(Assigned task) What appears from the first line of the data below through the line containing "or_more false false false d h = cc", both included, should be copied exactly, and nothing else.

* * * * * * *

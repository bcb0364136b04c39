-- ===== src/Support/ReadBack.antt =====
-- A write through a record of src/driver/devreg.cpp against a read with the option rbv.
use native.Mathlib.Nat.{suc-mul}
use feed_core.Prelude.{
  ℕ, ◌+◌, ◌*◌, ◌^◌, ◌%◌, ◌<◌, ◌≡◌, refl, ap, ◌∙◌, Bool, true, false, not, ◌&&◌, ◌||◌, List, [], ◌∷◌,
  some, arith, length, length-set, get_or, get_or-set_self, set, ltb, lt→ltb, Void, All,
}
use feed_core.Prelude.Int.{pos}
use feed_core.JBlob.{unsigned}
use feed_core.Device.Types.{DevReg, Device, reg_at, active}
use feed_core.Device.Register.{queue}
use feed_core.Device.Store.{reg_at-set_reg_self}
use feed_core.Support.Types.{
  Doubles, Ftype, char, uchar, short, ushort, long, ulong, double, is_supported, Elem, Prec, Info,
  waiter, success,
}
use feed_core.Support.Write.{
  load, write_loop, copy_out, write_register_common, write_attached, start_write, is_writable,
  committed,
}
use feed_core.Support.Frame.{Framed, Framed-refl, queue-Framed, if-device}
use feed_core.Support.Read.{
  extended, store, read_loop, read_register_common, is_allowed, is_cached, copy_in,
}
use feed_core.Support.Copied.{read_register_common-copy_in}
use feed_core.Support.Extension.{extended_none}
use feed_core.Support.Bounds.{
  committed-device, length-copy_out, length-write_loop, write_loop-IsSpared,
}

-- The record that reads back: another one, attached to the same register with the same offset, step and
-- scale, with rbv and any wait, and with no limit on the number of words.
abbrev pub reader : {D : Type 0} → Info D → Bool → ℕ → Info D
reader info wait self = record {
  options = record info.options { rbv = true; wait = wait };
  size = 0;
  reg = info.reg;
  self = self;
}

or_more : (a b c d : Bool) → (a || b || c) ≡ true → (a || b || c || d) ≡ true
or_more true b c d h = refl
or_more false true c d h = refl
or_more false false true d h = refl
or_more false false false d h = cc

guards : (w l c : Bool) → (w && not l && not c) ≡ true → (not (not w) && not l) ≡ true
guards true true c h = cc
guards true false c h = refl
guards false l c h = cc

module _ ⦃F : Doubles⦄ where
  -- An element that survives the way to a word and back.
  abbrev pub Fits : (t : Ftype) → F.Double → Elem F.Double t → Type 0
  Fits char scale x = x < 2 ^ 8
  Fits uchar scale x = x < 2 ^ 8
  Fits short scale x = x < 2 ^ 16
  Fits ushort scale x = x < 2 ^ 16
  Fits long scale x = x < 2 ^ 32
  Fits ulong scale x = x < 2 ^ 32
  Fits double scale x = F.product (pos (F.quotient x scale % 2 ^ 32)) scale ≡ x
  Fits _ scale x = Void

  store-load :
      (t : Ftype) (scale : F.Double) (x y : Elem F.Double t)
      → Fits t scale x
      → store t 0 scale (load t scale x) y ≡ x
  unfolding store load
  store-load char scale x y h = omega arith
  store-load uchar scale x y h = omega arith
  store-load short scale x y h = omega arith
  store-load ushort scale x y h = omega arith
  store-load long scale x y h = omega arith
  store-load ulong scale x y h = omega arith
  store-load double scale x y h = h
  store-load _ scale x y h = elim h [ ]

  module _ (t : Ftype) (scale : F.Double) (step size : ℕ) (forward : 0 < step) where
    -- The words in front of the first that is written.
    word_kept :
        (i : ℕ) (xs : List (Elem F.Double t)) (mem : List ℕ)
        → get_or (write_loop t scale step size (i + step) xs mem) i 0 ≡ get_or mem i 0
    word_kept i xs mem =
        write_loop-IsSpared t scale step size (i + step) xs mem i (λ k h e. omega arith)

    write_step :
        (i : ℕ) (x : Elem F.Double t) (xs : List (Elem F.Double t)) (mem : List ℕ)
        → ltb i size ≡ true
        → write_loop t scale step size i (x ∷ xs) mem
          ≡ write_loop t scale step size (i + step) xs (set mem i (load t scale x))
    unfolding write_loop
    write_step i x xs mem e = rw e refl

    read_step :
        (mem : List ℕ) (i : ℕ) (y : Elem F.Double t) (ys : List (Elem F.Double t))
        → ltb i size ≡ true
        → read_loop t 0 scale step size mem i (y ∷ ys)
          ≡ store t 0 scale (extended 0 (get_or mem i 0)) y
            ∷ read_loop t 0 scale step size mem (i + step) ys
    unfolding read_loop
    read_step mem i y ys e = rw e refl

    pub read_loop-write_loop :
        (i : ℕ) (xs ys : List (Elem F.Double t)) (mem : List ℕ)
        → length mem ≡ size
        → length ys ≡ length xs
        → i + length xs * step < size + step
        → All (Fits t scale) xs
        → read_loop t 0 scale step size (write_loop t scale step size i xs mem) i ys ≡ xs
    read_loop-write_loop i [] [] mem m l room fits = unfold read_loop in refl
    read_loop-write_loop i [] (y ∷ ys) mem m l room fits = absurd (omega arith)
    read_loop-write_loop i (x ∷ xs) [] mem m l room fits = absurd (omega arith)
    read_loop-write_loop i (x ∷ xs) (y ∷ ys) mem m l room fits =
        let more = suc-mul (length xs) step in
        let here : i < size = omega arith in
        let mem1 = set mem i (load t scale x) in
        let rest =
          read_loop-write_loop (i + step) xs ys mem1 (length-set mem i _ ∙ m) (omega arith)
            (omega arith) fits.1 in
        let same = word_kept i xs mem1 ∙ get_or-set_self mem i (load t scale x) 0 (omega arith) in
        rw (write_step i x xs mem (lt→ltb i size here)) (
          rw
            (read_step (write_loop t scale step size (i + step) xs mem1) i y ys
              (lt→ltb i size here))
            (rw (rest, same, extended_none (load t scale x), store-load t scale x y fits.0) refl))

module _ ⦃F : Doubles⦄ (t : Ftype) (xs : List (Elem F.Double t)) (info : Info F.Double)
    (prec : Prec) (d : Device) (p : ℕ) (valid : p < length d.regs) where
  start_write-Framed : Framed p (copy_out t info p xs d) (start_write t info p xs prec d).device
  unfolding start_write
  start_write-Framed =
      let d1 = copy_out t info p xs d in
      let q = queue p true (waiter info) d1 in
      if-device info.options.commit (committed info prec q)
        (record { status = success; prec = prec; device = d1 }) (Framed p d1)
        (rw (committed-device t xs info prec d p valid q) (
          queue-Framed p (waiter info) d1 (rw (length-copy_out t xs info prec d p valid) valid)
            true))
        (Framed-refl p d1)

  written_at : reg_at (copy_out t info p xs d) p ≡ record (reg_at d p) {
    mem_tx =
        write_loop t info.options.scale info.options.step
          (length (reg_at d p).mem_tx)
          info.options.offset
          xs
          (reg_at d p).mem_tx;
  }
  unfolding copy_out
  written_at = reg_at-set_reg_self d p _ valid

  write-start :
      is_supported t ≡ true
      → info.reg ≡ some p
      → is_writable info (reg_at d p) (length xs) ≡ true
      → prec.pact ≡ false
      → write_register_common t xs (some info) prec d ≡ start_write t info p xs prec d
  unfolding write_register_common
  write-start supported at writable idle = rw supported (
      ap (write_attached t info xs prec d) at ∙ (unfold write_attached in rw (writable, idle) refl))

  reader_cached :
      (wait : Bool) (self : ℕ) (prec' : Prec) (d' : Device)
      → (prec'.io_intr || not wait || prec'.pact) ≡ true
      → is_cached (reader info wait self) prec' d' ≡ true
  reader_cached wait self prec' d' h =
      or_more prec'.io_intr (not wait) prec'.pact (not (active d'.current)) h

  reader_allowed :
      (wait : Bool) (self : ℕ) (r : DevReg)
      → length r.mem_tx ≡ length (reg_at d p).mem_tx
      → r.info.writable ≡ (reg_at d p).info.writable
      → is_writable info (reg_at d p) (length xs) ≡ true
      → is_allowed (reader info wait self) r ≡ true
  reader_allowed wait self r size same ok =
      rw (size, same) (guards (reg_at d p).info.writable _ _ ok)

  copied_back :
      (ys : List (Elem F.Double t)) (wait : Bool) (self : ℕ) (prec' : Prec) (d' : Device)
      (r : DevReg) (mem : List ℕ)
      → r.info.sign ≡ unsigned
      → r.mem_tx ≡ mem
      → (copy_in t true (reader info wait self) r ys prec' d').values
        ≡ read_loop t 0 info.options.scale info.options.step (length mem) mem info.options.offset ys
  unfolding copy_in
  copied_back ys wait self prec' d' r mem plain tx = rw (tx, plain) refl

  -- An array of a supported type is written by an attached record, which is not active and whose write is
  -- not refused, to an unsigned register, with a step of at least 1 and within the register's bounds.
  -- Another record with the same register, offset, step and scale, with rbv and with no limit on the
  -- number of words, that does not wait, is scanned as I/O Intr or is active, then reads the array back
  -- unchanged into a buffer of its length, also while the write is in progress. The elements are those
  -- that a word can hold: they fit their width, and a double is what its word converts back to.
  pub write-read_back :
      (ys : List (Elem F.Double t)) (wait : Bool) (self : ℕ) (prec' : Prec)
      → (prec'.io_intr || not wait || prec'.pact) ≡ true
      → is_supported t ≡ true
      → info.reg ≡ some p
      → is_writable info (reg_at d p) (length xs) ≡ true
      → (reg_at d p).info.sign ≡ unsigned
      → prec.pact ≡ false
      → 0 < info.options.step
      → info.options.offset + length xs * info.options.step
        < length (reg_at d p).mem_tx + info.options.step
      → All (Fits t info.options.scale) xs
      → length ys ≡ length xs
      → (read_register_common t true ys
          (some (reader info wait self))
          prec'
          (write_register_common t xs (some info) prec d).device).values
        ≡ xs
  write-read_back ys wait self prec' cached supported at writable plain idle forward room fits
        same =
      let c = start_write t info p xs prec d in
      let f = start_write-Framed in
      let o = info.options in
      let mem = (reg_at d p).mem_tx in
      let written = write_loop t o.scale o.step (length mem) o.offset xs mem in
      let tx : (reg_at c.device p).mem_tx ≡ written = f.same_tx ∙ ap (λ r. r.mem_tx) written_at in
      let info_kept : (reg_at c.device p).info ≡ (reg_at d p).info =
        f.same_info ∙ ap (λ r. r.info) written_at in
      let size : length written ≡ length mem =
        length-write_loop t o.scale o.step (length mem) o.offset xs mem in
      rw (write-start supported at writable idle) (
        rw
          (read_register_common-copy_in t true ys (reader info wait self) prec' c.device p supported
            at
            (reader_allowed wait self (reg_at c.device p) (ap length tx ∙ size)
              (ap (λ i. i.writable) info_kept) writable)
            (reader_cached wait self prec' c.device cached))
          (copied_back ys wait self prec' c.device (reg_at c.device p) written
              (ap (λ i. i.sign) info_kept ∙ plain) tx
            ∙ (rw size (
                read_loop-write_loop t o.scale o.step (length mem) forward o.offset xs ys mem refl
                  same room fits))))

* * * * * * *

(Response below)
repository bcb0364136b04c39
-- ===== src/Support/ReadBack.antt =====
-- A write through a record of src/driver/devreg.cpp against a read with the option rbv.
use native.Mathlib.Nat.{suc-mul}
use feed_core.Prelude.{
  ℕ, ◌+◌, ◌*◌, ◌^◌, ◌%◌, ◌<◌, ◌≡◌, refl, ap, ◌∙◌, Bool, true, false, not, ◌&&◌, ◌||◌, List, [], ◌∷◌,
  some, arith, length, length-set, get_or, get_or-set_self, set, ltb, lt→ltb, Void, All,
}
use feed_core.Prelude.Int.{pos}
use feed_core.JBlob.{unsigned}
use feed_core.Device.Types.{DevReg, Device, reg_at, active}
use feed_core.Device.Register.{queue}
use feed_core.Device.Store.{reg_at-set_reg_self}
use feed_core.Support.Types.{
  Doubles, Ftype, char, uchar, short, ushort, long, ulong, double, is_supported, Elem, Prec, Info,
  waiter, success,
}
use feed_core.Support.Write.{
  load, write_loop, copy_out, write_register_common, write_attached, start_write, is_writable,
  committed,
}
use feed_core.Support.Frame.{Framed, Framed-refl, queue-Framed, if-device}
use feed_core.Support.Read.{
  extended, store, read_loop, read_register_common, is_allowed, is_cached, copy_in,
}
use feed_core.Support.Copied.{read_register_common-copy_in}
use feed_core.Support.Extension.{extended_none}
use feed_core.Support.Bounds.{
  committed-device, length-copy_out, length-write_loop, write_loop-IsSpared,
}

-- The record that reads back: another one, attached to the same register with the same offset, step and
-- scale, with rbv and any wait, and with no limit on the number of words.
abbrev pub reader : {D : Type 0} → Info D → Bool → ℕ → Info D
reader info wait self = record {
  options = record info.options { rbv = true; wait = wait };
  size = 0;
  reg = info.reg;
  self = self;
}

or_more : (a b c d : Bool) → (a || b || c) ≡ true → (a || b || c || d) ≡ true
or_more true b c d h = refl
or_more false true c d h = refl
or_more false false true d h = refl
or_more false false false d h = cc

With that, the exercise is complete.